Exactly reproduce the lines from the top of the entries below through the line containing "let rest = decimal_onto", with both ends included.

**Available data:**

*** Begin section ***

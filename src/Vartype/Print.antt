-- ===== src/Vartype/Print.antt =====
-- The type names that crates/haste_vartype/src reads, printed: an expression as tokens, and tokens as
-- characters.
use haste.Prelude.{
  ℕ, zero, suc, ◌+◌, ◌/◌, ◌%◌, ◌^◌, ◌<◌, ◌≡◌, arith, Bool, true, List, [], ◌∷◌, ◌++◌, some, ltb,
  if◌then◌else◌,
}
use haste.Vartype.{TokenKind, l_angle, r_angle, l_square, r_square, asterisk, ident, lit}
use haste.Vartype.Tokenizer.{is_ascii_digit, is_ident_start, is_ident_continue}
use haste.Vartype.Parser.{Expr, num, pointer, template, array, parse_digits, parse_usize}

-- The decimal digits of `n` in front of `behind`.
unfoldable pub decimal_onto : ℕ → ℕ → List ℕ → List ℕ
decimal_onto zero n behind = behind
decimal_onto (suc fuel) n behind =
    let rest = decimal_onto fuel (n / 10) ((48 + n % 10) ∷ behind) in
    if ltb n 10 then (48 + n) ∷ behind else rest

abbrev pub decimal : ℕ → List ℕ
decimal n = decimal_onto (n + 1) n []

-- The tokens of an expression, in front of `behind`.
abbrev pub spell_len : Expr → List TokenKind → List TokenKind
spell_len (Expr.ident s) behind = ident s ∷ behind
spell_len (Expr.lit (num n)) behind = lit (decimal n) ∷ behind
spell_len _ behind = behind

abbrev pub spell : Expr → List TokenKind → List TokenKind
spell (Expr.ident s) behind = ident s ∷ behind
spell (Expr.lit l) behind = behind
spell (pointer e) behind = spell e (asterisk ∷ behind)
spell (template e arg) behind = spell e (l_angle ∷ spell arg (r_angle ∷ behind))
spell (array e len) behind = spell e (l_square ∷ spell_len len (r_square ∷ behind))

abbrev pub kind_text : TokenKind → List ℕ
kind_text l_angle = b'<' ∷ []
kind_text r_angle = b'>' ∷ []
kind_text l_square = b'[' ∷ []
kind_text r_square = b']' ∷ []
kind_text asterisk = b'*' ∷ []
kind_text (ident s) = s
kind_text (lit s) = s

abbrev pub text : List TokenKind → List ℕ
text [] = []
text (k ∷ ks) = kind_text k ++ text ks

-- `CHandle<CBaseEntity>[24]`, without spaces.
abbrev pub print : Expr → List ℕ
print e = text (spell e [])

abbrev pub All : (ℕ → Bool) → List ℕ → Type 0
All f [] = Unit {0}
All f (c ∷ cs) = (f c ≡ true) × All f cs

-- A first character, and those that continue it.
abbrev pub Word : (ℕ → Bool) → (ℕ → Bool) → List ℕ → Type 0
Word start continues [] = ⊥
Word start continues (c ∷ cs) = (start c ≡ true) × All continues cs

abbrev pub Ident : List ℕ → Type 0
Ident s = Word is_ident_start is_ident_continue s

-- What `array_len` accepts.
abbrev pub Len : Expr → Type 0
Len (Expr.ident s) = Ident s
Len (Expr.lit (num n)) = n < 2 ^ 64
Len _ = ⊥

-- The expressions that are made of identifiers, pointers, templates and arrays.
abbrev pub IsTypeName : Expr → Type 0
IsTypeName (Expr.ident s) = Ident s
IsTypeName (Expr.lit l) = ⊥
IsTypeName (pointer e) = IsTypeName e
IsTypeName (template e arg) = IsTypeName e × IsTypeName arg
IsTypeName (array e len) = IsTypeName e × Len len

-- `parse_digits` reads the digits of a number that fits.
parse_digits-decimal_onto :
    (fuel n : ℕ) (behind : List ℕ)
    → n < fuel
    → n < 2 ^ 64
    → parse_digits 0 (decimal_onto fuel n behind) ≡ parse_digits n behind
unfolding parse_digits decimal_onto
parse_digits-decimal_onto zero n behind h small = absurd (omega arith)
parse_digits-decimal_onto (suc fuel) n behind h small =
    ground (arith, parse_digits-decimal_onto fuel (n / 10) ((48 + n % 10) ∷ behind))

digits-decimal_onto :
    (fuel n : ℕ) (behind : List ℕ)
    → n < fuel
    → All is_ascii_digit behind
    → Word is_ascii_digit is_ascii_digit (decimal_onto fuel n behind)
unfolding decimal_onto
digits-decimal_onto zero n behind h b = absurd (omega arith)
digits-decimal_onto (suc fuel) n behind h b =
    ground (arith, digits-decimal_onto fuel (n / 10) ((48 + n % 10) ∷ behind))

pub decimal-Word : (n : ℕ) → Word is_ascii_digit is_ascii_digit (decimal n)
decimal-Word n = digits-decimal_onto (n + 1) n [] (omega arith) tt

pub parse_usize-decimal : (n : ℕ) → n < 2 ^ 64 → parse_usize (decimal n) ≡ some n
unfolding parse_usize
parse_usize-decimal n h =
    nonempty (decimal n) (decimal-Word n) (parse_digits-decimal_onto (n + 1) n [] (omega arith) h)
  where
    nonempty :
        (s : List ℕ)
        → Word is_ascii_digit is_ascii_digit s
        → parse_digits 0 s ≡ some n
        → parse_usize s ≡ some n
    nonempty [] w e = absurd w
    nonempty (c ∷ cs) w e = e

*** End section ***

**Response area:**
filename src/Vartype/Print.antt
-- ===== src/Vartype/Print.antt =====
-- The type names that crates/haste_vartype/src reads, printed: an expression as tokens, and tokens as
-- characters.
use haste.Prelude.{
  ℕ, zero, suc, ◌+◌, ◌/◌, ◌%◌, ◌^◌, ◌<◌, ◌≡◌, arith, Bool, true, List, [], ◌∷◌, ◌++◌, some, ltb,
  if◌then◌else◌,
}
use haste.Vartype.{TokenKind, l_angle, r_angle, l_square, r_square, asterisk, ident, lit}
use haste.Vartype.Tokenizer.{is_ascii_digit, is_ident_start, is_ident_continue}
use haste.Vartype.Parser.{Expr, num, pointer, template, array, parse_digits, parse_usize}

-- The decimal digits of `n` in front of `behind`.
unfoldable pub decimal_onto : ℕ → ℕ → List ℕ → List ℕ
decimal_onto zero n behind = behind
decimal_onto (suc fuel) n behind =
    let rest = decimal_onto fuel (n / 10) ((48 + n % 10) ∷ behind) in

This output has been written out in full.